▸ **WHAT YOU ARE ASKED TO DO**:
For this exercise, reproduce the entries below exactly, but only from the line containing "b / 128 % 2" through the line containing "xor_assoc top p", both included.

▸ **SOURCE RECORDS**:

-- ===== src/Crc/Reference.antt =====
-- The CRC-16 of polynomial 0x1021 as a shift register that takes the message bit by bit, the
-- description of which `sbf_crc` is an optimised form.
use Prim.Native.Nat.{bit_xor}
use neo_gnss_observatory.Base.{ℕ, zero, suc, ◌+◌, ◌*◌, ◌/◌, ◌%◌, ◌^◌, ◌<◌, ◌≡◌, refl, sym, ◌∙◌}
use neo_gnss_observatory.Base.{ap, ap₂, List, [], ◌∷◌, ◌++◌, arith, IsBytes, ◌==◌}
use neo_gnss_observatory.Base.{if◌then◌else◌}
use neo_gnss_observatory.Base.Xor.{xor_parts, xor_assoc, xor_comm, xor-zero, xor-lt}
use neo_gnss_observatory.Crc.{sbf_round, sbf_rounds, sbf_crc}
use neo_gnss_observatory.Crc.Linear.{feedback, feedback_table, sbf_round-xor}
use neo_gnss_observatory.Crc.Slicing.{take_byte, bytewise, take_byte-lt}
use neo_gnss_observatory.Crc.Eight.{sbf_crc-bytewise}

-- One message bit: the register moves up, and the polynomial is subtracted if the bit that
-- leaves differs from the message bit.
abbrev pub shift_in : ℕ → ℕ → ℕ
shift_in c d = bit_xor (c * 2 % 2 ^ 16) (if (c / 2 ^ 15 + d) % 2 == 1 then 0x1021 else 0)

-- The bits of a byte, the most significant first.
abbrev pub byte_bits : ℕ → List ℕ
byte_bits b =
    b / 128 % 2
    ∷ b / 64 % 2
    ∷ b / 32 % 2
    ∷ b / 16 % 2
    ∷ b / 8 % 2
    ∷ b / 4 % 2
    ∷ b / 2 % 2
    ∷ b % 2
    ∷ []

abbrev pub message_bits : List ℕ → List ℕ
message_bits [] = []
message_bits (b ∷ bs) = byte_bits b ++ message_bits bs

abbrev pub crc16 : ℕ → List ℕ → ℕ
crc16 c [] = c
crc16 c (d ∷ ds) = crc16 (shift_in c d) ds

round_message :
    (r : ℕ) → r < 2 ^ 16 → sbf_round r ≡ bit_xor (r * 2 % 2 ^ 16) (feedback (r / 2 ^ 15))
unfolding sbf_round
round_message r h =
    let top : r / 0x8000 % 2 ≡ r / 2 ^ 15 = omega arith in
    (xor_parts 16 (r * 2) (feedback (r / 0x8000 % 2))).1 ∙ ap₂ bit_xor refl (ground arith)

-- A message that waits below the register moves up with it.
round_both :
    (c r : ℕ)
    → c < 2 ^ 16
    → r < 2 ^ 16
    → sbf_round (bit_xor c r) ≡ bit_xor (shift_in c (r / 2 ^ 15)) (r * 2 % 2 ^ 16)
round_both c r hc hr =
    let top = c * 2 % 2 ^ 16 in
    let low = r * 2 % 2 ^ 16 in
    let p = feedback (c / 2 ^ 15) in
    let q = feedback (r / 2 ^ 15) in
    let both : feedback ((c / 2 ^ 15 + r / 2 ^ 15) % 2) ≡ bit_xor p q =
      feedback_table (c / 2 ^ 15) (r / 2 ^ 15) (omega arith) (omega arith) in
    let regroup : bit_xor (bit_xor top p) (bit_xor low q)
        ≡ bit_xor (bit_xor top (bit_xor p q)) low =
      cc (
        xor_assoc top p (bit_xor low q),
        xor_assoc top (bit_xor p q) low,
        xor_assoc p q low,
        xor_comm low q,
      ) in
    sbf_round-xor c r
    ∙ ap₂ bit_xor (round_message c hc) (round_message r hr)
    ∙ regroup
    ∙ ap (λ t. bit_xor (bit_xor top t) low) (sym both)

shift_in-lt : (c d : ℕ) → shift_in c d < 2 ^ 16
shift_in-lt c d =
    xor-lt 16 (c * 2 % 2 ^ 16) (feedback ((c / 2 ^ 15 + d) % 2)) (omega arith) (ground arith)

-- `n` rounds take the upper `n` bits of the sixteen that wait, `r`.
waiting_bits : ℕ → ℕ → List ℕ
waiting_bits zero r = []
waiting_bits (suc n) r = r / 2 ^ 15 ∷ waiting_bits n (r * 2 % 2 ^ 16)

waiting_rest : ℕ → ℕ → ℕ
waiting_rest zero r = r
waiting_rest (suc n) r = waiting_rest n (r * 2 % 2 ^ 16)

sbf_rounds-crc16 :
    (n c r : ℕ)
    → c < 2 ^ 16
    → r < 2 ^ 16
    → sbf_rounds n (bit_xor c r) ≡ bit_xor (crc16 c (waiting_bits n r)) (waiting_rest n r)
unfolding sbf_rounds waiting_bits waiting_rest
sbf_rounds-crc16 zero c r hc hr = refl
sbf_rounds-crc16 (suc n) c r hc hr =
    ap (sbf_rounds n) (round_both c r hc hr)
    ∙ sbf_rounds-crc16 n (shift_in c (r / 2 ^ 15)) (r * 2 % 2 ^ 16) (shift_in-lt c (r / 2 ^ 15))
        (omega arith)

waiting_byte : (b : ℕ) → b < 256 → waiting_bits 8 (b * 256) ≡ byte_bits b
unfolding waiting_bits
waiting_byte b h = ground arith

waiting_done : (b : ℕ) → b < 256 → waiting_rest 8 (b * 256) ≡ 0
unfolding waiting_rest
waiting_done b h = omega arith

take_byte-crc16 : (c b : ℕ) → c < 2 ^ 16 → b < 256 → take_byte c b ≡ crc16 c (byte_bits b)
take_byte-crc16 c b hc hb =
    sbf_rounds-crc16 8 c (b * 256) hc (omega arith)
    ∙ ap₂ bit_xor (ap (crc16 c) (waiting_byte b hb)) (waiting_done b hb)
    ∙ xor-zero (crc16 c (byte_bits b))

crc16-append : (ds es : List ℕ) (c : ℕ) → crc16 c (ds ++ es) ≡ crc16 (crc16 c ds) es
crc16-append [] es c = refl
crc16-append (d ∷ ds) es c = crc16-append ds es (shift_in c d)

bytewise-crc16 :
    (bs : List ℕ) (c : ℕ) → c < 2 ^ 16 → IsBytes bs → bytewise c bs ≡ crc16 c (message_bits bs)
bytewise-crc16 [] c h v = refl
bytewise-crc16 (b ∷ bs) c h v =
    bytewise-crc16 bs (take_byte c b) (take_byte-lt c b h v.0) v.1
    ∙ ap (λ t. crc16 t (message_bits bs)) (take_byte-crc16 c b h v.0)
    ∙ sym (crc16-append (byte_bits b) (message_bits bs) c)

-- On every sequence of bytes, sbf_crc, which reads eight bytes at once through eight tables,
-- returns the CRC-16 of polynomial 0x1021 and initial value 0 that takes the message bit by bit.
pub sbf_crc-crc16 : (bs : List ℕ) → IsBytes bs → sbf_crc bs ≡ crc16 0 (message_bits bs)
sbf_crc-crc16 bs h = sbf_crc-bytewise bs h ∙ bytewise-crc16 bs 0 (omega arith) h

* * *

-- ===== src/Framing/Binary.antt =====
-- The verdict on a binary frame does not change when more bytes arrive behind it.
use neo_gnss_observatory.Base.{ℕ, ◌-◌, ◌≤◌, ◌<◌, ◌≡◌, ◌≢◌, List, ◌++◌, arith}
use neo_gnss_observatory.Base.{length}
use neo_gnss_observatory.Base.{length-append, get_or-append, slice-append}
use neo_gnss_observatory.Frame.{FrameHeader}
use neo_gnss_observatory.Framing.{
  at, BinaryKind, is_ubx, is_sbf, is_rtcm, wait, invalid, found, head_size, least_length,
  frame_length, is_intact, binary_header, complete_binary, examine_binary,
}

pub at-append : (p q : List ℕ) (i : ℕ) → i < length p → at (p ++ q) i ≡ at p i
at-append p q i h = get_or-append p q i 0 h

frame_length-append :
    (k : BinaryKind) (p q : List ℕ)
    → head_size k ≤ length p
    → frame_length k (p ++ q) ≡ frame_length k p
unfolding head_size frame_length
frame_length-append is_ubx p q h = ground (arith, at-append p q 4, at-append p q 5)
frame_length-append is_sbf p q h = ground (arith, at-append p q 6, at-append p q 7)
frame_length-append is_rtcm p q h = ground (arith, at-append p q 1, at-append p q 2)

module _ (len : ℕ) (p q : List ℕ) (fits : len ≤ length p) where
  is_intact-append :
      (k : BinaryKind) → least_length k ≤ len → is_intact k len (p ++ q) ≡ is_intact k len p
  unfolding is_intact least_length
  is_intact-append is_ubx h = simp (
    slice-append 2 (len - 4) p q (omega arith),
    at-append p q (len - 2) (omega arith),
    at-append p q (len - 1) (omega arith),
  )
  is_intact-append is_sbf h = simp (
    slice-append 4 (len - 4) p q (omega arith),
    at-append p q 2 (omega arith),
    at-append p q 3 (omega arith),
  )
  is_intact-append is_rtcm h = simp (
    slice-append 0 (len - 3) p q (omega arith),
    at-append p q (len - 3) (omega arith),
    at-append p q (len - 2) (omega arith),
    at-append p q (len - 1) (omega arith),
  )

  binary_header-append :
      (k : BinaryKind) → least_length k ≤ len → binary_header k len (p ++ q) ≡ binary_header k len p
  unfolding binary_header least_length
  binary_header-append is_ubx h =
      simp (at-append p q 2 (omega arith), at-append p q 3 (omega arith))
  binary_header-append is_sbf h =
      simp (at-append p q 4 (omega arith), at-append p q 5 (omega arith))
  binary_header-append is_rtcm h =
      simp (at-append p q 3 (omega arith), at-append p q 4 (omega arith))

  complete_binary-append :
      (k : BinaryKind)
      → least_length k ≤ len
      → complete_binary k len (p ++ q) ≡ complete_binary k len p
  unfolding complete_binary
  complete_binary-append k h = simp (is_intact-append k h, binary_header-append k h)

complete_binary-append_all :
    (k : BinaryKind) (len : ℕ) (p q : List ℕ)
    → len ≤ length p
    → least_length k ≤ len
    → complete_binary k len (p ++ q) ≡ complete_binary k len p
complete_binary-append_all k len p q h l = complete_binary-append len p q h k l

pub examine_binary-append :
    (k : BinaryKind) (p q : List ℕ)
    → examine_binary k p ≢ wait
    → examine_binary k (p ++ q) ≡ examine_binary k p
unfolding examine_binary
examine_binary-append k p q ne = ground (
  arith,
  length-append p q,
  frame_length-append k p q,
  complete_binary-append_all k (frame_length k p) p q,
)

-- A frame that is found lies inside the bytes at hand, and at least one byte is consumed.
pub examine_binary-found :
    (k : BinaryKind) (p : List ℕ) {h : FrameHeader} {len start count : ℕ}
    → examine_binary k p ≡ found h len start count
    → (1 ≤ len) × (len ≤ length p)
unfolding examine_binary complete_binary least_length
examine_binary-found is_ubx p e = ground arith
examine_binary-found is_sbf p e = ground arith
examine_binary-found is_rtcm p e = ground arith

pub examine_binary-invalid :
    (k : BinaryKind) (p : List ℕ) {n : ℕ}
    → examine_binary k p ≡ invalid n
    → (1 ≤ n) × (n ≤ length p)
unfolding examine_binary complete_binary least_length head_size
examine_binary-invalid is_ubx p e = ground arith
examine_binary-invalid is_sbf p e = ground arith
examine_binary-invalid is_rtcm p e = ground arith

▸ **EXERCISE RESPONSE**:
    b / 128 % 2
    ∷ b / 64 % 2
    ∷ b / 32 % 2
    ∷ b / 16 % 2
    ∷ b / 8 % 2
    ∷ b / 4 % 2
    ∷ b / 2 % 2
    ∷ b % 2
    ∷ []

abbrev pub message_bits : List ℕ → List ℕ
message_bits [] = []
message_bits (b ∷ bs) = byte_bits b ++ message_bits bs

abbrev pub crc16 : ℕ → List ℕ → ℕ
crc16 c [] = c
crc16 c (d ∷ ds) = crc16 (shift_in c d) ds

round_message :
    (r : ℕ) → r < 2 ^ 16 → sbf_round r ≡ bit_xor (r * 2 % 2 ^ 16) (feedback (r / 2 ^ 15))
unfolding sbf_round
round_message r h =
    let top : r / 0x8000 % 2 ≡ r / 2 ^ 15 = omega arith in
    (xor_parts 16 (r * 2) (feedback (r / 0x8000 % 2))).1 ∙ ap₂ bit_xor refl (ground arith)

-- A message that waits below the register moves up with it.
round_both :
    (c r : ℕ)
    → c < 2 ^ 16
    → r < 2 ^ 16
    → sbf_round (bit_xor c r) ≡ bit_xor (shift_in c (r / 2 ^ 15)) (r * 2 % 2 ^ 16)
round_both c r hc hr =
    let top = c * 2 % 2 ^ 16 in
    let low = r * 2 % 2 ^ 16 in
    let p = feedback (c / 2 ^ 15) in
    let q = feedback (r / 2 ^ 15) in
    let both : feedback ((c / 2 ^ 15 + r / 2 ^ 15) % 2) ≡ bit_xor p q =
      feedback_table (c / 2 ^ 15) (r / 2 ^ 15) (omega arith) (omega arith) in
    let regroup : bit_xor (bit_xor top p) (bit_xor low q)
        ≡ bit_xor (bit_xor top (bit_xor p q)) low =
      cc (
        xor_assoc top p (bit_xor low q),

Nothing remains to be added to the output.